Records for this task: Begin

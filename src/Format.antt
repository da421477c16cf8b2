-- ===== src/Format.antt =====
-- The byte strings that docs/abicase-format.md assigns to the parts of a case: the specification
-- that the encoder and the decoder share.
use arrow_abi_doctor.Base.{
  ℕ, List, [], ◌∷◌, ◌++◌, ℤ, length, replicate, if◌then◌else◌, ◌==◌, bit_or,
}
use arrow_abi_doctor.Bytes.{store_u16, store_u32, store_u64, i64_to_u64}
use arrow_abi_doctor.Fill.{fill_choose}
use arrow_abi_doctor.Fill.Payload.{payload}
use arrow_abi_doctor.Model.{
  AbiAllocation, bytes_at, AbiBufferView, AbiMetadataKv, SchemaFields, AbiSchemaNode,
  SchemaChildren, SchemaDictionary, ArrayFields, AbiArrayNode, ArrayChildren, ArrayDictionary,
  schema_node, array_node, schema_count, array_count, AbiOp, AbiProvenance, AbiExpected,
}

-- A list of records, one after the other.
abbrev pub each {ℓ} : {A : Type ℓ} → (A → List ℕ) → List A → List ℕ
each f [] = []
each f (a ∷ as') = f a ++ each f as'

abbrev pub string : List ℕ → List ℕ
string s = store_u32 (length s) ++ s

abbrev pub int64 : ℤ → List ℕ
int64 v = store_u64 (i64_to_u64 v)

unfoldable pub provenance_bytes : AbiProvenance → List ℕ
provenance_bytes p =
    store_u64 p.seed
    ++ (string p.rng_algorithm
        ++ (store_u32 p.rng_version
            ++ (string p.generator_version
                ++ (string p.abi_doctor_version ++ string p.spec_revision))))

unfoldable pub allocation_bytes : AbiAllocation → List ℕ
allocation_bytes a =
    store_u64 a.size_bytes
    ++ (store_u32 a.alignment
        ++ (((fill_choose (bytes_at a.bytes)).fill ∷ [])
            ++ (replicate 3 0 ++ payload (bytes_at a.bytes))))

unfoldable pub allocations_bytes : List AbiAllocation → List ℕ
unfolding allocation_bytes
allocations_bytes table = store_u32 (length table) ++ each allocation_bytes table

abbrev pub kv_bytes : AbiMetadataKv → List ℕ
kv_bytes kv = string kv.key ++ string kv.value

abbrev pub presence_bits : SchemaFields → ℕ
presence_bits f = bit_or (if f.has_name then 1 else 0) (if f.has_metadata then 2 else 0)

unfoldable pub schema_fields_bytes : SchemaFields → List ℕ
schema_fields_bytes f =
    string f.format
    ++ ((presence_bits f ∷ [])
        ++ ((if f.has_name then string f.name else [])
            ++ ((if f.has_metadata
                  then store_u32 (length f.metadata) ++ each kv_bytes f.metadata
                  else [])
                ++ (int64 f.flags ++ store_u32 f.n_children))))

unfoldable mutual
  pub schema_bytes : AbiSchemaNode → List ℕ
  schema_bytes (schema_node f ns d) =
      schema_fields_bytes f
      ++ (store_u32 (schema_count ns) ++ (schemas_bytes ns ++ schema_dict_bytes d))

  pub schemas_bytes : SchemaChildren → List ℕ
  schemas_bytes SchemaChildren.nil = []
  schemas_bytes (SchemaChildren.cons n ns) = schema_bytes n ++ schemas_bytes ns

  pub schema_dict_bytes : SchemaDictionary → List ℕ
  schema_dict_bytes SchemaDictionary.absent = 0 ∷ []
  schema_dict_bytes (SchemaDictionary.present n) = (1 ∷ []) ++ schema_bytes n

unfoldable pub view_bytes : AbiBufferView → List ℕ
view_bytes v =
    (v.role ∷ [])
    ++ ((v.present ∷ [])
        ++ (replicate 2 0
            ++ (if v.present == 0
                then []
                else store_u32 v.allocation_id
                  ++ (store_u64 v.byte_offset ++ store_u64 v.logical_length))))

unfoldable pub array_fields_bytes : ArrayFields → List ℕ
array_fields_bytes f =
    int64 f.length
    ++ (int64 f.null_count
        ++ (int64 f.offset
            ++ (store_u32 f.n_buffers
                ++ (store_u32 (length f.buffers)
                    ++ (each view_bytes f.buffers ++ store_u32 f.n_children)))))

unfoldable mutual
  pub array_bytes : AbiArrayNode → List ℕ
  array_bytes (array_node f ns d) =
      array_fields_bytes f
      ++ (store_u32 (array_count ns) ++ (arrays_bytes ns ++ array_dict_bytes d))

  pub arrays_bytes : ArrayChildren → List ℕ
  arrays_bytes ArrayChildren.nil = []
  arrays_bytes (ArrayChildren.cons n ns) = array_bytes n ++ arrays_bytes ns

  pub array_dict_bytes : ArrayDictionary → List ℕ
  array_dict_bytes ArrayDictionary.absent = 0 ∷ []
  array_dict_bytes (ArrayDictionary.present n) = (1 ∷ []) ++ array_bytes n

unfoldable pub op_bytes : AbiOp → List ℕ
op_bytes op = store_u16 op.code ++ (store_u32 op.arg0 ++ store_u32 op.arg1)

unfoldable pub callseq_bytes : List AbiOp → List ℕ
callseq_bytes ops = store_u32 (length ops) ++ each op_bytes ops

unfoldable pub expected_bytes : AbiExpected → List ℕ
expected_bytes e =
    (e.validation_level ∷ [])
    ++ ((e.expected_outcome ∷ []) ++ (replicate 2 0 ++ (string e.spec_clause ++ string e.notes)))

-- A section: its tag, the section version 1, the size of its body, and its body.
abbrev pub section_bytes : ℕ → List ℕ → List ℕ
section_bytes tag body = store_u16 tag ++ (store_u16 1 ++ (store_u32 (length body) ++ body))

Records for this task: End

- Task prompt
Every line of the material above that has the string "SchemaDictionary" needs pulling out.

- Task response
  SchemaChildren, SchemaDictionary, ArrayFields, AbiArrayNode, ArrayChildren, ArrayDictionary,
  pub schema_dict_bytes : SchemaDictionary → List ℕ
  schema_dict_bytes SchemaDictionary.absent = 0 ∷ []
  schema_dict_bytes (SchemaDictionary.present n) = (1 ∷ []) ++ schema_bytes n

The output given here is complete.